TASK TO CARRY OUT - Return only the number of lines in the material below holding the string "Type".

INFORMATION SHOWN -
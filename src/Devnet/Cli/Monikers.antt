-- ===== src/Devnet/Cli/Monikers.antt =====
-- Layout pairs without a shared name belong to validators whose monikers differ.
use tempo_py.Prelude.{
  ℕ, suc, sym, subst, ok-injective, >>=-eq-ok, All, if◌then◌else◌, ◌≡◌, Bool, List, [], ◌∷◌, ok,
}
use tempo_py.Python.Bytes.{Str}
use tempo_py.Devnet.DevnetConfig.{DevnetConfig}
use tempo_py.Devnet.DevnetConfig.Genesis.{Ipaddress, docker_validator_addr}
use tempo_py.Devnet.Config.{ValidatorConfig, validator_arg}
use tempo_py.Devnet.Backends.Localnet.{layout_pairs}
use tempo_py.Devnet.Layout.Moves.{Apart, AllApart}
use tempo_py.Devnet.Supervisor.Programs.{AllNew, IsNew}

-- The destinations are the monikers, so that these differ where no two pairs share a name.
layout_pairs-IsNew :
    (ip : Ipaddress) (c : DevnetConfig) (docker : Bool) (index : ℕ) (vals : List ValidatorConfig)
    (pair : Str × Str) (pairs : List (Str × Str))
    → layout_pairs ip c docker index vals ≡ ok pairs
    → All (Apart pair) pairs
    → IsNew pair.1 vals
unfolding layout_pairs
layout_pairs-IsNew ip c docker index [] pair pairs e h = tt
layout_pairs-IsNew ip c docker index (val ∷ vals) pair pairs e h =
    let (src, _, e1) =
      >>=-eq-ok (if docker then docker_validator_addr ip c index else ok (validator_arg val)) _ e in
    let (rest, paired, e2) = >>=-eq-ok (layout_pairs ip c docker (suc index) vals) _ e1 in
    let apart = subst (All (Apart pair)) (sym (ok-injective e2)) h in
    (
      λ same. apart.0.1 (sym same),
      layout_pairs-IsNew ip c docker (suc index) vals pair rest paired apart.1,
    )

pub layout_pairs-AllNew :
    (ip : Ipaddress) (c : DevnetConfig) (docker : Bool) (index : ℕ) (vals : List ValidatorConfig)
    (pairs : List (Str × Str))
    → layout_pairs ip c docker index vals ≡ ok pairs
    → AllApart pairs
    → AllNew vals
unfolding layout_pairs
layout_pairs-AllNew ip c docker index [] pairs e h = tt
layout_pairs-AllNew ip c docker index (val ∷ vals) pairs e h =
    let (src, _, e1) =
      >>=-eq-ok (if docker then docker_validator_addr ip c index else ok (validator_arg val)) _ e in
    let (rest, paired, e2) = >>=-eq-ok (layout_pairs ip c docker (suc index) vals) _ e1 in
    let apart = subst AllApart (sym (ok-injective e2)) h in
    (
      layout_pairs-IsNew ip c docker (suc index) vals (src, val.moniker) rest paired apart.0,
      layout_pairs-AllNew ip c docker (suc index) vals rest paired apart.1,
    )
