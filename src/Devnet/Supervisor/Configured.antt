-- ===== src/Devnet/Supervisor/Configured.antt =====
-- The supervisord.ini and the scripts of a whole call, against their description.
use tempo_py.Prelude.{
  ◌≡◌, ◌⊎◌, inl, inr, refl, ap, ◌∙◌, Bool, false, List, [], ◌∷◌, ◌++◌, map, some, ok, err, ◌>>=◌,
  duplicate_section_error, All,
}
use tempo_py.Python.Bytes.{Str, eqb}
use tempo_py.Devnet.Yaml.{Entries}
use tempo_py.Devnet.Config.{ValidatorConfig}
use tempo_py.Devnet.DevnetConfig.{DevnetConfig}
use tempo_py.Devnet.Backends.{Backend, get_backend}
use tempo_py.Devnet.Docker.Commands.{Enodes, trusted_peers}
use tempo_py.Devnet.Supervisor.{
  base_sections, Written, add_programs, Files, write_config, patched, keeps_old,
  generate_supervisor_config,
}
use tempo_py.Devnet.Supervisor.Programs.{IsFree, AllNew, program, AllRun, add_programs-cases}

base-IsFree : (path : Str) (vals : List ValidatorConfig) → All (IsFree (base_sections path)) vals
unfolding base_sections eqb
base-IsFree path [] = tt
base-IsFree path (v ∷ vals) = (refl, base-IsFree path vals)

module _ {ℓ} {G : Type ℓ} (merge : G → Entries → G) (c : DevnetConfig) (enodes : Enodes)
    (path : Str) where
  -- The old files with the programs and scripts of the validators added.
  abbrev pub IsConfigured : Backend → Files G → Files G → Type 0
  IsConfigured backend files out =
      (out.ini ≡ some (base_sections path ++ map (program path) c.validators))
      × (scripts : List (Str × Str)) × (out.scripts ≡ files.scripts ++ scripts)
      × AllRun c path backend (trusted_peers enodes c.validators) 0 c.validators scripts

  start : Files G → Written
  start files = record {
    sections = base_sections path;
    scripts = files.scripts;
    secrets = files.secrets;
    reth = files.reth;
  }

  finished : Files G → Written → Files G
  finished files w = record files {
    ini = some w.sections;
    scripts = w.scripts;
    secrets = w.secrets;
    reth = w.reth;
  }

  runs_loop :
      (force : Bool) (files : Files G) (backend : Backend)
      → get_backend c.backend ≡ ok backend
      → keeps_old files.ini force ≡ false
      → generate_supervisor_config merge c enodes path force files ≡ (
          add_programs c path backend
            (trusted_peers enodes c.validators)
            0
            c.validators
            (start files)
          >>= λ w. ok (finished (patched merge c files) w))
  unfolding generate_supervisor_config write_config start finished patched
  runs_loop force files backend b s = rw (s, b) refl

  -- For a known backend, where an old supervisord.ini does not stop it: `generate_supervisor_config`
  -- returns if and only if the validators' monikers differ, and otherwise raises
  -- DuplicateSectionError. Where it returns, supervisord.ini has the fixed sections and then one
  -- program for each validator in order, and for each validator in order a script has been written
  -- that a shell reads as `exec` with the arguments of its node.
  pub generate_supervisor_config-IsConfigured :
      (force : Bool) (files : Files G) (backend : Backend)
      → get_backend c.backend ≡ ok backend
      → keeps_old files.ini force ≡ false
      → (AllNew c.validators
          × (out : Files G) × (generate_supervisor_config merge c enodes path force files ≡ ok out)
          × IsConfigured backend files out)
        ⊎ ((¬ AllNew c.validators)
            × (generate_supervisor_config merge c enodes path force files
                ≡ err duplicate_section_error))
  unfolding start finished patched
  generate_supervisor_config-IsConfigured force files backend b s =
      let begun = runs_loop force files backend b s in
      elim (add_programs-cases c path backend (trusted_peers enodes c.validators) 0 c.validators
        (start files)) [
          | inl (new, w, done, (sections, scripts, e, all)) ↦ inl (
            new.1,
            finished (patched merge c files) w,
            begun ∙ ap (λ r. r >>= λ w'. ok (finished (patched merge c files) w')) done,
            (ap some sections, scripts, e, all),
          )
          | inr (clash, failed) ↦ inr (
            (λ (new : AllNew c.validators). clash (base-IsFree path c.validators, new)),
            begun ∙ ap (λ r. r >>= λ w'. ok (finished (patched merge c files) w')) failed,
          )
        ]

SOLUTION - 2